Saved entries:
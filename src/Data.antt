-- ===== src/Data.antt =====
-- src/core/multisim_client.cpp and src/core/multisim_server.cpp: the buffers of `push_core` and
-- `pull_core`. The memory behind a `data_handle_t` is a list of 32-bit words. The targets of
-- src/core/multisim_common.h are a value of `Target`.
pub mod Pack
pub mod Words
pub mod Message
pub mod Planes
use multisim.Base.{
  ℕ, zero, suc, ◌+◌, ◌*◌, ◌/◌, ◌%◌, Bool, true, false, List, [], ◌∷◌, if◌then◌else◌, Bytes, get_or,
  set, take,
}

-- ZEBU is a flavour of EMULATION.
pub data Target : Type 0 where
  simulation emulation sw : Target

-- MULTISIM_SV_DPI_OPEN_ARRAY
abbrev pub open_array : Target → Bool
open_array simulation = true
open_array emulation = false
open_array sw = false

-- MULTISIM_4STATE_UNSUPPORTED
abbrev pub four_state_unsupported : Target → Bool
four_state_unsupported simulation = false
four_state_unsupported emulation = true
four_state_unsupported sw = false

unfoldable pub buf_32b_size : ℕ → ℕ
buf_32b_size data_width = (data_width + 31) / 32

-- The size of `send_buf` and `read_buf`, in words.
unfoldable pub buf_words : Bool → ℕ → ℕ
unfolding buf_32b_size
buf_words is_4state data_width =
    if is_4state then 2 * buf_32b_size data_width else buf_32b_size data_width

-- Where element `i` of a 4-state array of `n` elements lies: an open array is one of
-- `svLogicVecVal`, a struct of `aval` and `bval`; the others hold all `aval`s before all `bval`s.
abbrev pub aval_index : Target → ℕ → ℕ → ℕ
aval_index t n i = if open_array t then 2 * i else i

abbrev pub bval_index : Target → ℕ → ℕ → ℕ
bval_index t n i = if open_array t then 2 * i + 1 else n + i

-- The loop over `i` that fills `send_buf`, with `left` rounds left.
pub pack_loop : Target → ℕ → ℕ → ℕ → List ℕ → List ℕ → List ℕ
pack_loop t n zero i mem send_buf = send_buf
pack_loop t n (suc left) i mem send_buf = pack_loop t n left (i + 1) mem (
    set (set send_buf i (get_or mem (aval_index t n i) 0)) (n + i)
      (get_or mem (bval_index t n i) 0))

-- The loop over `i` that stores `read_buf` into the array.
pub unpack_loop : Target → ℕ → ℕ → ℕ → List ℕ → List ℕ → List ℕ
unpack_loop t n zero i read_buf mem = mem
unpack_loop t n (suc left) i read_buf mem = unpack_loop t n left (i + 1) read_buf (
    set (set mem (aval_index t n i) (get_or read_buf i 0)) (bval_index t n i)
      (get_or read_buf (n + i) 0))

-- `send_buf` starts with whatever the stack holds.
unfoldable pub pack : Target → ℕ → List ℕ → List ℕ → List ℕ
unfolding pack_loop
pack t n mem send_buf = pack_loop t n n 0 mem send_buf

unfoldable pub unpack : Target → ℕ → List ℕ → List ℕ → List ℕ
unfolding unpack_loop
unpack t n read_buf mem = unpack_loop t n n 0 read_buf mem

-- The bytes of a `uint32_t` array in memory, on a little-endian host.
unfoldable pub to_bytes : List ℕ → Bytes
to_bytes [] = []
to_bytes (x ∷ xs) = x % 256 ∷ x / 256 % 256 ∷ x / 65536 % 256 ∷ x / 16777216 % 256 ∷ to_bytes xs

-- A tail of less than four bytes is no word.
unfoldable pub from_bytes : Bytes → List ℕ
from_bytes (a ∷ b ∷ c ∷ d ∷ bs) = (a + 256 * b + 65536 * c + 16777216 * d) ∷ from_bytes bs
from_bytes _ = []

-- `sizeof(send_buf)` and `sizeof(read_buf)`, in bytes.
unfoldable pub buf_size : Bool → ℕ → ℕ
unfolding buf_words
buf_size is_4state data_width = 4 * buf_words is_4state data_width

-- The bytes at `msg` in `push_core`: the array itself, or `send_buf`, which starts as `stack`.
unfoldable pub message : Target → Bool → ℕ → List ℕ → List ℕ → Bytes
unfolding buf_32b_size to_bytes pack
message t true data_width mem stack = to_bytes (pack t (buf_32b_size data_width) mem stack)
message t false data_width mem stack = to_bytes (take (buf_32b_size data_width) mem)

-- The memory that `pull_core` reads into: the array itself, or `read_buf`, which starts as `stack`.
unfoldable pub read_target : Bool → List ℕ → List ℕ → Bytes
unfolding to_bytes
read_target true mem stack = to_bytes stack
read_target false mem stack = to_bytes mem

-- The array behind a read that ended with `dst` in that memory; 4-state data is copied to the array
-- only where the whole message has come.
unfoldable pub pulled : Target → Bool → ℕ → List ℕ → Bytes → List ℕ
unfolding buf_32b_size from_bytes unpack
pulled t true data_width mem dst = unpack t (buf_32b_size data_width) (from_bytes dst) mem
pulled t false data_width mem dst = from_bytes dst

unfoldable pub not_pulled : Bool → List ℕ → Bytes → List ℕ
unfolding from_bytes
not_pulled true mem dst = mem
not_pulled false mem dst = from_bytes dst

> **Exercise goal**: The answer is the lines above between the line holding "-- only where the whole message has come." and the line holding "pulled t false", inclusive, each written out exactly, and no others.

> **Answer to this problem**:
-- only where the whole message has come.
unfoldable pub pulled : Target → Bool → ℕ → List ℕ → Bytes → List ℕ
unfolding buf_32b_size from_bytes unpack
pulled t true data_width mem dst = unpack t (buf_32b_size data_width) (from_bytes dst) mem
pulled t false data_width mem dst = from_bytes dst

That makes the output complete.